American film director (1891–1971)

Burton Fred Gillett (October 15, 1891 – December 28, 1971) was an American director of animated films. He is particularly noted for his direction of early Mickey Mouse and Silly Symphony cartoons for Walt Disney Productions.

After a couple jobs as a newspaper cartoonist, Gillett entered the animated cartoon industry during its early beginnings in New York. He animated popular characters like Mutt and Jeff, Koko the Clown, Krazy Kat, and Felix the Cat with a variety of pioneer cartoonists. At one point he briefly ran his own studio, Associated Animators. Gillett moved to Los Angeles was recruited as an animator at Disney, eventually being promoted to layout artist and after as one of Disney's first dedicated directors.

Gillett was offered a job at The Van Beuren Corporation to supervise the entire operation of its cartoon facility and upgrade its output to compete with Disney. This stint came with multiple production issues from Gillett's alleged arrogance and erratic direction methods, which brought on some of the earliest union activity in the animation industry until the studio closed in 1936. After another directorial stint at Disney, among a couple other short jobs, Gillett left the animation industry in 1939.

Gillett's most famous contributions to animation were for Disney, particularly on the 1932 short film Flowers and Trees and the 1933 short film Three Little Pigs.
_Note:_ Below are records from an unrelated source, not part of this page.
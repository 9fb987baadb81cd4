-- ===== src/Clipboard/Mutations.antt =====
-- While a mutation is awaited, no answer that lists the records changes what the page shows.
use gothrough.Base.{
  ℕ, ◌≡◌, ◌||◌, arith, if◌then◌else◌, refl, sym, ◌∙◌, Bool, true, false, Option, none, some,
  is_some, List, [], ◌∷◌, take, if_intro, Text,
}
use mathlib.Core.Path.{subst}
use mathlib.Core.Bool.{true≢false}
use gothrough.Messages.{Message, plain}
use gothrough.Remote
use gothrough.Remote.{
  Remote, Answer, RemoteEvent, resolves, rejects, cancels, sets_error, sets_data, sets_validator,
  initial, set_error, cancel, cancel_background, is_background,
}
use gothrough.Remote.Invariant
use gothrough.Remote.Staleness.{Unchanged, step_stale}
use gothrough.Clipboard.{
  Clip, Mutation, publishing, removing, clearing, Operation, acting, reloading, Board,
  start_mutation, without, on_success, forget_validator, mutation_done, release_operation,
  mutation_failed, reload_done, publish, auto_refresh, manual_refresh, type_text, BoardEvent,
  max_entries, publishes, clears, polls, refreshes, unmounts, removes, types, succeeds, fails,
  list_resolves, list_rejects, reloaded, step, ImageFile, publishing_image, can_publish_image, copy,
  copied, copy_failed, release_copy, ask_all, choose_image, stop_poll, copies, copy_succeeds,
  copy_fails, previews, asks, asks_all, keeps, keeps_all, closes_copy, closes_preview, chooses,
  settings_settle,
}

-- While an action is awaited, no list is, and the page is busy.
pub record BoardInv (b : Board) : Type 0 where
  pub remote : Remote.Invariant.Inv b.remote
  pub idle :
      (m : Mutation) → b.operation ≡ some (acting m) → (b.remote.request ≡ none) × (b.busy ≡ true)

pub not_held : (o : Option Operation) (op : Operation) → is_some o ≡ false → o ≡ some op → ⊥
not_held none op h e = cc
not_held (some x) op h e = cc

-- The events of the remote data that the page makes.
pub then_Inv :
    (s : Remote (List Clip)) (e : RemoteEvent (List Clip))
    → Remote.Invariant.Inv s
    → Remote.Invariant.Inv (Remote.step s e)
then_Inv s e h = Remote.Invariant.step-Inv s e h

start_mutation-BoardInv : (m : Mutation) (b : Board) → BoardInv b → BoardInv (start_mutation m b)
unfolding start_mutation Remote.step set_error cancel
start_mutation-BoardInv m b h =
    if_intro BoardInv (is_some b.operation) _ _ (λ _. h)
      (λ _. record {
        remote =
            then_Inv (cancel b.remote) (sets_error (plain [])) (then_Inv b.remote cancels h.remote);
        idle = λ _ _. (refl, refl);
      })

publish-BoardInv : (ok : Text → Bool) (b : Board) → BoardInv b → BoardInv (publish ok b)
unfolding publish
publish-BoardInv ok b h = by_image b.image_file
  where
    by_image :
        (o : Option ImageFile)
        → BoardInv (elim o [
          | some file ↦
              if can_publish_image file b.image_settings.data'
              then start_mutation publishing_image b
              else b
          | none ↦ if ok b.text then start_mutation publishing b else b
        ])
    by_image (some file) =
        if_intro BoardInv (can_publish_image file b.image_settings.data') _ _
          (λ _. start_mutation-BoardInv publishing_image b h) (λ _. h)
    by_image none =
        if_intro BoardInv (ok b.text) _ _ (λ _. start_mutation-BoardInv publishing b h) (λ _. h)

auto_refresh-BoardInv : (b : Board) → BoardInv b → BoardInv (auto_refresh b)
unfolding auto_refresh Remote.step
auto_refresh-BoardInv b h =
    if_intro BoardInv (is_some b.operation || is_some b.copy_in_progress) _ _ (λ _. h)
      (λ free. record {
        remote = then_Inv b.remote (RemoteEvent.refreshes true) h.remote;
        idle = λ m e. absurd (not_held b.operation (acting m) (ground arith) e);
      })

manual_refresh-BoardInv : (b : Board) → BoardInv b → BoardInv (manual_refresh b)
unfolding manual_refresh Remote.step
manual_refresh-BoardInv b h =
    if_intro BoardInv b.busy _ _ (λ _. h)
      (λ free. record {
        remote = then_Inv b.remote (RemoteEvent.refreshes false) h.remote;
        idle = λ m e. absurd (true≢false (sym (h.idle m e).1 ∙ free));
      })

type_text-BoardInv : (text : Text) (b : Board) → BoardInv b → BoardInv (type_text text b)
unfolding type_text
type_text-BoardInv text b h =
    if_intro BoardInv b.busy _ _ (λ _. h) (λ _. record { remote = h.remote; idle = h.idle })

reload_done-BoardInv : (o : Option Operation) (b : Board) → BoardInv b → BoardInv (reload_done o b)
unfolding reload_done
reload_done-BoardInv none b h = h
reload_done-BoardInv (some reloading) b h = record { remote = h.remote; idle = λ m e. cc }
reload_done-BoardInv (some (acting m)) b h = h

mutation_failed-BoardInv :
    (o : Option Operation) (failure : Message) (b : Board)
    → BoardInv b
    → BoardInv (mutation_failed o failure b)
unfolding mutation_failed Remote.step
mutation_failed-BoardInv none failure b h = h
mutation_failed-BoardInv (some reloading) failure b h = h
mutation_failed-BoardInv (some (acting m)) failure b h =
    if_intro (λ (t : Board). BoardInv (release_operation t)) b.remote.mounted _ _
      (λ _. record { remote = then_Inv b.remote (sets_error failure) h.remote; idle = λ n e. cc })
      (λ _. record { remote = h.remote; idle = λ n e. cc })

-- What a mutation makes of the records that are shown.
pub effect : Mutation → Clip → List Clip → List Clip
effect publishing clip clips = take max_entries (clip ∷ clips)
effect publishing_image clip clips = take max_entries (clip ∷ clips)
effect (removing id) clip clips = without id clips
effect clearing clip clips = []

pub on_success-remote :
    (m : Mutation) (clip : Clip) (b : Board)
    → (on_success m clip b).remote ≡ record b.remote { data' = effect m clip b.remote.data' }
unfolding on_success effect
on_success-remote publishing clip b = refl
on_success-remote publishing_image clip b = refl
on_success-remote (removing id) clip b = refl
on_success-remote clearing clip b = refl

mutation_done-BoardInv :
    (o : Option Operation) (clip : Clip) (b : Board)
    → BoardInv b
    → BoardInv (mutation_done o clip b)
unfolding mutation_done Remote.step
mutation_done-BoardInv none clip b h = h
mutation_done-BoardInv (some reloading) clip b h = h
mutation_done-BoardInv (some (acting m)) clip b h =
    if_intro BoardInv b.remote.mounted _ _
      (λ _. record {
        remote =
            then_Inv (on_success m clip (forget_validator b)).remote (RemoteEvent.refreshes false) (
              subst (λ (s : Remote (List Clip)). Remote.Invariant.Inv s)
                (sym (on_success-remote m clip (forget_validator b)))
                (then_Inv (forget_validator b).remote (sets_data (effect m clip b.remote.data'))
                  (then_Inv b.remote (sets_validator none) h.remote)));
        idle = λ n e. cc;
      })
      (λ _. record { remote = h.remote; idle = λ n e. cc })

-- An answer that lists the records, while none is awaited.
list_answer-BoardInv :
    (e : RemoteEvent (List Clip)) (b : Board)
    → ((b.remote.request ≡ none) → (Remote.step b.remote e).request ≡ none)
    → BoardInv b
    → BoardInv (record b { remote = Remote.step b.remote e })
list_answer-BoardInv e b same h = record {
  remote = then_Inv b.remote e h.remote;
  idle = λ m at. (same (h.idle m at).0, (h.idle m at).1);
}

pub resolves-Unchanged :
    (b : Board) (id : ℕ) (a : Answer (List Clip))
    → BoardInv b
    → b.remote.request ≡ none
    → Unchanged b.remote (Remote.step b.remote (resolves id a))
resolves-Unchanged b id a h idle =
    step_stale b.remote (resolves id a) id h.remote (rw idle (λ x. x)) refl

pub rejects-Unchanged :
    (b : Board) (id : ℕ) (m : Message)
    → BoardInv b
    → b.remote.request ≡ none
    → Unchanged b.remote (Remote.step b.remote (rejects id m))
rejects-Unchanged b id m h idle =
    step_stale b.remote (rejects id m) id h.remote (rw idle (λ x. x)) refl

-- The clicks that stop a poll, of which there is none while a mutation is awaited.
stop_poll-BoardInv : (b : Board) → BoardInv b → BoardInv (stop_poll b)
unfolding Remote.step cancel_background
stop_poll-BoardInv b h = record {
  remote = then_Inv b.remote RemoteEvent.cancels_background h.remote;
  idle = λ m at. (
    if_intro (λ (s : Remote (List Clip)). s.request ≡ none) (is_background b.remote.request) _ _
        (λ _. refl) (λ _. (h.idle m at).0),
    (h.idle m at).1,
  );
}

copy-BoardInv : (clip : Clip) (b : Board) → BoardInv b → BoardInv (copy clip b)
unfolding copy
copy-BoardInv clip b h =
    if_intro BoardInv (is_some b.copy_in_progress) _ _ (λ _. h)
      (λ _. let t = stop_poll-BoardInv b h in record { remote = t.remote; idle = t.idle })

copied-BoardInv : (o : Option Clip) (b : Board) → BoardInv b → BoardInv (copied o b)
unfolding copied
copied-BoardInv none b h = h
copied-BoardInv (some clip) b h =
    if_intro (λ (t : Board). BoardInv (release_copy t)) b.remote.mounted _ _
      (λ _. record { remote = h.remote; idle = h.idle })
      (λ _. record { remote = h.remote; idle = h.idle })

copy_failed-BoardInv : (o : Option Clip) (b : Board) → BoardInv b → BoardInv (copy_failed o b)
unfolding copy_failed
copy_failed-BoardInv none b h = h
copy_failed-BoardInv (some clip) b h =
    if_intro (λ (t : Board). BoardInv (release_copy t)) b.remote.mounted _ _
      (λ _. record { remote = h.remote; idle = h.idle })
      (λ _. record { remote = h.remote; idle = h.idle })

ask_all-BoardInv : (b : Board) → BoardInv b → BoardInv (ask_all b)
unfolding ask_all
ask_all-BoardInv b h =
    if_intro BoardInv _ _ _ (λ _. h)
      (λ _. let t = stop_poll-BoardInv b h in record { remote = t.remote; idle = t.idle })

choose_image-BoardInv :
    (file : Option ImageFile) (b : Board) → BoardInv b → BoardInv (choose_image file b)
unfolding choose_image
choose_image-BoardInv file b h =
    if_intro BoardInv b.busy _ _ (λ _. h) (λ _. record { remote = h.remote; idle = h.idle })

unmount-BoardInv :
    (b : Board)
    → BoardInv b
    → BoardInv (record b {
      remote = Remote.unmount b.remote;
      image_settings = Remote.unmount b.image_settings;
    })
unfolding Remote.step Remote.unmount
unmount-BoardInv b h = record {
  remote = then_Inv b.remote RemoteEvent.unmounts h.remote;
  idle = λ m at. (refl, (h.idle m at).1);
}

module _ (publishable : Text → Bool) where
  pub step-BoardInv : (b : Board) (e : BoardEvent) → BoardInv b → BoardInv (step publishable b e)
  unfolding step
  step-BoardInv b publishes h = publish-BoardInv publishable b h
  step-BoardInv b clears h = start_mutation-BoardInv clearing b h
  step-BoardInv b polls h = auto_refresh-BoardInv b h
  step-BoardInv b refreshes h = manual_refresh-BoardInv b h
  step-BoardInv b reloaded h = reload_done-BoardInv b.operation b h
  step-BoardInv b unmounts h = unmount-BoardInv b h
  step-BoardInv b (removes id) h = start_mutation-BoardInv (removing id) b h
  step-BoardInv b (types text) h = type_text-BoardInv text b h
  step-BoardInv b (succeeds clip) h = mutation_done-BoardInv b.operation clip b h
  step-BoardInv b (fails failure) h = mutation_failed-BoardInv b.operation failure b h
  step-BoardInv b (copies clip) h = copy-BoardInv clip b h
  step-BoardInv b copy_succeeds h = copied-BoardInv b.copy_in_progress b h
  step-BoardInv b copy_fails h = copy_failed-BoardInv b.copy_in_progress b h
  step-BoardInv b (previews clip) h =
      let t = stop_poll-BoardInv b h in record { remote = t.remote; idle = t.idle }
  step-BoardInv b (asks id) h =
      let t = stop_poll-BoardInv b h in record { remote = t.remote; idle = t.idle }
  step-BoardInv b asks_all h = ask_all-BoardInv b h
  step-BoardInv b keeps h = record { remote = h.remote; idle = h.idle }
  step-BoardInv b keeps_all h = record { remote = h.remote; idle = h.idle }
  step-BoardInv b closes_copy h = record { remote = h.remote; idle = h.idle }
  step-BoardInv b closes_preview h = record { remote = h.remote; idle = h.idle }
  step-BoardInv b (chooses file) h = choose_image-BoardInv file b h
  step-BoardInv b (settings_settle e) h = record { remote = h.remote; idle = h.idle }
  step-BoardInv b (list_resolves id a) h =
      list_answer-BoardInv (resolves id a) b (λ q. (resolves-Unchanged b id a h q).same_request ∙ q)
        h
  step-BoardInv b (list_rejects id m) h =
      list_answer-BoardInv (rejects id m) b (λ q. (rejects-Unchanged b id m h q).same_request ∙ q) h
Both films won the Academy Award for Best Animated Short Film and were selected for inclusion in the National Film Registry.

==Early life==
Born in Elmira, New York to Lewis Martin Gillett and Fra McClure, Gillett moved to Pennsylvania during his high school years, where his early artistic contributions included multiple issues in the amateur artists page of Judge magazine, one of which won him a prize in a drawing contest. Subsequently, Gillett traveled to New York to study at the Art Students League. The 1910 U.S. Census lists him as living in both Connellsville, Pennsylvania and New York City, working as a cashier for a lumber company.

==Career==

=== Early career ===
Burt Gillett started his creative career contributing cartoons to The Connellsville News, then became the head of the Newburgh Daily News' art department in 1912. Gillett moved careers from newspaper cartooning to animation in 1918 when he was employed by the International Film Service, an early animation studio under the ownership of William Randolph Hearst and the supervision of Gregory La Cava. The studio had been formed in 1915 and first employed experienced animators Frank Moser and William Nolan. By July of the same year, the studio shut down, and Gillett relocated to The Mutt and Jeff Film Company, headed by Charles Bowers, with animation veteran Raoul Barré joining soon after, causing the studio to be renamed Barré-Bowers. Gillett had been hired among a group of notable co-workers like Jack King, Izzy Klein, Walter Lantz, Ben Sharpsteen and Vernon Stallings. He switched between these two jobs in brief periods, working at Hearst's reopened studio in 1919 and moving back to the old Barré-Bowers studio in 1921 after IFS shut its doors. Barré-Bowers studio was renamed Jefferson Film Corporation, supervised by Dick Friel, then Gillett briefly assumed directorial duties before the studio shuttered in 1922.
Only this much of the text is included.